Built in 1900, the run-down farmhouse with the big messy yard among the presidents stood less than two miles from Lehigh Row—but a whole world away. In the new world, there were paved roads instead of gravel lanes. There were green lawns instead of gray dirt. There were cement sidewalks leading practically everywhere instead of just a single set of railroad tracks leading to town. And there were very few Italians.
The farmhouse belonged to an absentee landlord. Serafino walked to the landlord’s house, located in another part of town, and knocked on the front door.
The Anglo landlord answered. “The house is on the market for $5,000,” he accentuated each syllable of the price, as if to discourage, deter, and dismiss the stranger.
Serafino, who knew the price beforehand, offered cash on the spot for the full amount.
The landlord raised his eyebrows, stepped backward, and took a deep breath. “The price has just gone up to $6,000,” he exhaled.

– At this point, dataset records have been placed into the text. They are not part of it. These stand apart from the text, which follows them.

-- ===== src/Proc/Exit.antt =====
-- kexit() and kwait() keep the invariant of the process table.
use os.Prelude.{
  ℕ, ◌+◌, ◌-◌, ◌<◌, ◌≤◌, ◌≡◌, ◌≢◌, ◌⊎◌, inl, inr, refl, ap, ◌∙◌, Bool, false, ◌==◌, if◌then◌else◌,
  update, arith, Bool-cases, ==_iff, ◌&&◌, ◌||◌, not,
}
use mathlib.Core.Path.{subst}
use os.Kernel.{Result, ok, panic, sleeps, crashed}
use os.Proc.{
  Table, nproc, sleeping, runnable, running, zombie, ptr, set_proc, reparent, wakeup, kexit, kwait,
  kwait_found, scan, Scan, reap, copy_fails, kids, sleep,
}
use os.Proc.Inv.{Alive, Inv, set-Inv}
use os.Proc.Changes.{freeproc-Inv}
use os.Proc.Loops.{wakeup-proc, wakeup-rest, reparent-Reparented}
use os.Proc.Search.{Scanned, scan-Scanned}

-- Before its state is set, the process `i` that exits has given its children to init, and woken
-- init if it had any, and its own parent.
pub record Left (i : ℕ) (t v : Table) : Type 0 where
  pub next_pid : v.next_pid ≡ t.next_pid
  pub init : v.init ≡ t.init
  pub parents :
      (k : ℕ)
      → k < nproc
      → (v.proc k).parent ≡ (if (t.proc k).parent == ptr i then t.init else (t.proc k).parent)
  pub pids : (k : ℕ) → k < nproc → (v.proc k).pid ≡ (t.proc k).pid
  pub chans : (k : ℕ) → k < nproc → (v.proc k).chan ≡ (t.proc k).chan
  pub states :
      (k : ℕ)
      → k < nproc
      → ((v.proc k).state ≡ (t.proc k).state)
        ⊎ (((t.proc k).state ≡ sleeping) × ((v.proc k).state ≡ runnable))
  pub parent_woken :
      (k : ℕ)
      → k < nproc
      → k ≢ i
      → (t.proc k).state ≡ sleeping
      → (t.proc k).chan ≡ (v.proc i).parent
      → (v.proc k).state ≡ runnable
  pub init_woken :
      (j k : ℕ)
      → j < nproc
      → k < nproc
      → (t.proc j).parent ≡ ptr i
      → k ≢ i
      → (t.proc k).state ≡ sleeping
      → (t.proc k).chan ≡ t.init
      → (v.proc k).state ≡ runnable

abbrev pub left_table : ℕ → Table → Table
left_table i t = let u = reparent (ptr i) t in wakeup (ptr i) (u.proc i).parent u

left_table-proc :
    (i : ℕ) (t : Table) (k : ℕ)
    → k < nproc
    → (left_table i t).proc k ≡ (
        if not (ptr k == ptr i)
          && ((reparent (ptr i) t).proc k).state == sleeping
          && ((reparent (ptr i) t).proc k).chan == ((reparent (ptr i) t).proc i).parent
        then record ((reparent (ptr i) t).proc k) { state = runnable }
        else (reparent (ptr i) t).proc k)
left_table-proc i t k lt =
    wakeup-proc (ptr i) ((reparent (ptr i) t).proc i).parent (reparent (ptr i) t) k lt

pub left_table-Left : (i : ℕ) (t : Table) → i < nproc → Left i t (left_table i t)
left_table-Left i t li =
    let q = reparent-Reparented (ptr i) t in
    let rest = wakeup-rest (ptr i) ((reparent (ptr i) t).proc i).parent (reparent (ptr i) t) in
    record {
      next_pid = rest.0 ∙ q.next_pid;
      init = rest.1 ∙ q.init;
      parents = λ k lt. ground (arith, left_table-proc i t k lt, q.parents k lt);
      pids = λ k lt. ground (arith, left_table-proc i t k lt, q.pids k lt);
      chans = λ k lt. ground (arith, left_table-proc i t k lt, q.chans k lt);
      states = λ k lt. ground (arith, left_table-proc i t k lt, q.states k lt);
      parent_woken = λ k lt ne s c.
          ground (
            arith,
            left_table-proc i t k lt,
            left_table-proc i t i li,
            q.states k lt,
            q.chans k lt,
          );
      init_woken = λ j k lj lk p ne s c. ground (
        arith,
        left_table-proc i t k lk,
        q.init_woken j k (omega arith) (omega arith) lj lk p (omega arith) s c,
      );
    }

module _ {t v : Table} {i : ℕ} (inv : Inv t) (li : i < nproc) (run : (t.proc i).state ≡ running)
    (not_init : ptr i ≢ t.init) (l : Left i t v) where
  Alive-later : (k : ℕ) → k < nproc → Alive (t.proc k).state → Alive (v.proc k).state
  Alive-later k lt a = ground (arith, l.states k lt)

  left_family :
      (k : ℕ)
      → k < nproc
      → (v.proc k).parent ≢ 0
      → (j : ℕ) × (j < nproc) × ((v.proc k).parent ≡ ptr j) × (j ≢ i) × Alive (v.proc j).state
  left_family k lt nz = elim (Bool-cases ((t.proc k).parent == ptr i)) [
    | inl e ↦ (
      inv.init_at,
      inv.init.1,
      ground (arith, l.parents k lt, inv.init),
      ground (arith, inv.init),
      Alive-later inv.init_at inv.init.1 inv.init.2,
    )
    | inr e ↦
        let at = inv.family k lt (ground (arith, l.parents k lt)) in
        (
          (t.proc k).parent - 1,
          ground (arith, at.0, l.parents k lt),
          ground (arith, l.parents k lt),
          ground (arith, l.parents k lt),
          Alive-later _ (ground (arith, at.0, l.parents k lt)) at.1,
        )
  ]

  -- no process still asleep waits for the one that exits, or for a zombie that this has given to
  -- init
  left_waiting :
      (q c : ℕ)
      → q < nproc
      → c < nproc
      → (v.proc q).state ≡ sleeping
      → (v.proc q).chan ≡ ptr q
      → (v.proc c).parent ≡ ptr q
      → q ≢ i
      → (c ≢ i) × ((v.proc c).state ≢ zombie)
  left_waiting q c lq lc s ch par ne = (
    λ e. ground (arith, e, ap v.proc e, l.parent_woken q lq ne, l.states q lq, l.chans q lq),
    λ z. elim (Bool-cases ((t.proc c).parent == ptr i)) [
      | inl e ↦ ground (
        arith,
        l.init_woken c q lc lq ((==_iff _ _).0 e) ne,
        l.states q lq,
        l.chans q lq,
        l.parents c lc,
      )
      | inr e ↦
          ground (
            arith,
            inv.waiting q c lq lc,
            l.states q lq,
            l.states c lc,
            l.chans q lq,
            l.parents c lc,
          )
    ],
  )

  back : (j : ℕ) → j ≡ j + 1 - 1
  back j = omega arith

  leads_to :
      (status p : ℕ)
      → {p' : ℕ} → p ≡ p'
      → ((j : ℕ) × (j < nproc) × (p' ≡ ptr j) × (j ≢ i) × Alive (v.proc j).state)
      → (p ≤ nproc)
        × Alive
            (update v.proc i (record (v.proc i) { xstate = status; state = zombie }) (p - 1)).state
  leads_to status p same (j, lj, is, ne, a) = rw (same ∙ is) (
    omega arith,
    subst
        (λ x.
          Alive (update v.proc i (record (v.proc i) { xstate = status; state = zombie }) x).state)
        (back j) (ground arith),
  )

  -- the exit of a process that is not init
  pub exit-Inv :
      (status : ℕ) → Inv (set_proc v i (record (v.proc i) { xstate = status; state = zombie }))
  exit-Inv status = record {
    init_at = inv.init_at;
    init = (
      l.init ∙ inv.init.0,
      inv.init.1,
      ground (arith, inv.init, Alive-later inv.init_at inv.init.1),
    );
    free = λ k lt s. ground (arith, inv.free k lt, l.parents k lt, l.pids k lt, l.states k lt);
    family = λ k lt nz. elim (Bool-cases (k == i)) [
      | inl e ↦ leads_to status _ (ground arith) (left_family i li (ground arith))
      | inr e ↦ leads_to status _ (ground arith) (left_family k lt (ground arith))
    ];
    orphans = λ k lt s ne.
        ground (arith, inv.orphans k lt, l.parents k lt, l.states k lt, inv.init, (==_iff k i).0);
    waiting = λ q c lq lc s ch par z. elim (Bool-cases (q == i)) [
      | inl e ↦ ground arith
      | inr e ↦
          let (ne, alive) =
            left_waiting q c lq lc (ground arith) (ground arith) (ground arith) (ground arith) in
          ground arith
    ];
    pids = λ k lt s. ground (arith, inv.pids k lt, l.pids k lt, l.states k lt, l.next_pid);
    distinct = λ j k lj lk ne uj uk.
        ground (
          arith,
          inv.distinct j k lj lk ne,
          l.pids j lj,
          l.pids k lk,
          l.states j lj,
          l.states k lk,
        );
    next = ground (arith, inv.next, l.next_pid);
  }

-- the invariant of the state in which a call returns
abbrev pub Kept : Result (Unit {0} × Table) → Type 0
Kept (ok (r, v)) = Inv v
Kept (panic m) = Unit
Kept sleeps = Unit
Kept (crashed d) = Unit

pub kexit-Kept :
    {t : Table} (i status : ℕ)
    → Inv t
    → i < nproc
    → (t.proc i).state ≡ running
    → Kept (kexit i status t)
unfolding kexit
kexit-Kept {t} i status inv li run = elim (Bool-cases (ptr i == t.init)) [
  | inl init ↦ rw init tt
  | inr other ↦ rw other (exit-Inv inv li run (ground arith) (left_table-Left i t li) status)
]

-- The state after a round of kwait(): the process sleeps only when no child has exited.
kwait_found-Inv :
    (copy : ℕ → Bool) {t : Table} (i : ℕ)
    → Inv t
    → i < nproc
    → (t.proc i).state ≡ running
    → (r : Scan) → Scanned copy (ptr i) 0 nproc false t r
    → Inv (kwait_found i t r).1
unfolding kwait_found sleep
kwait_found-Inv copy i inv li run (reap j) q = freeproc-Inv inv j q.1 (ground (arith, q.2))
kwait_found-Inv copy i inv li run (copy_fails j) q = inv
kwait_found-Inv copy {t} i inv li run (kids have) q =
    elim (Bool-cases (not have || (t.proc i).killed)) [
      | inl e ↦ rw e inv
      | inr e ↦ rw e (
          set-Inv inv i _ (record {
            within = li;
            parent = refl;
            pid = refl;
            in_use = ground arith;
            still = ground arith;
            alive = ground arith;
            started = ground arith;
            lives = ground arith;
            waits = λ s ch c lc par z. q.0 c (omega arith) lc (par, z);
          }))
    ]

pub kwait-Inv :
    (copy : ℕ → Bool) (i : ℕ) {t : Table}
    → Inv t
    → i < nproc
    → (t.proc i).state ≡ running
    → Inv (kwait copy i t).1
unfolding kwait
kwait-Inv copy i {t} inv li run =
    kwait_found-Inv copy i inv li run (scan copy (ptr i) nproc 0 false t)
      (scan-Scanned copy (ptr i) nproc 0 false t)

Serafino shot the landlord a look of disbelief but could do little else. Serafino didn’t have the extra $1,000 either in his pocket or in the cigar box at home. He bid the landlord goodbye, walked home along the railroad tracks to Lehigh Row, asked his brother-in-law for a loan, and returned to the landlord’s house with the full $6,000.
The landlord took one look at the stack of money and surrendered. “You win,” he agreed to the sale. He refrained from further price hikes, knowing he’d be hard pressed to find another buyer at the already-inflated price.
The Di Gregorios got the house—but not much of a housewarming. The lukewarm reception came from both parts of town.
Some people on Lehigh Row congratulated the Di Gregorios, but others didn’t. At the Lehigh Row grocery store, bakery, and pool hall, some people snickered and sneered.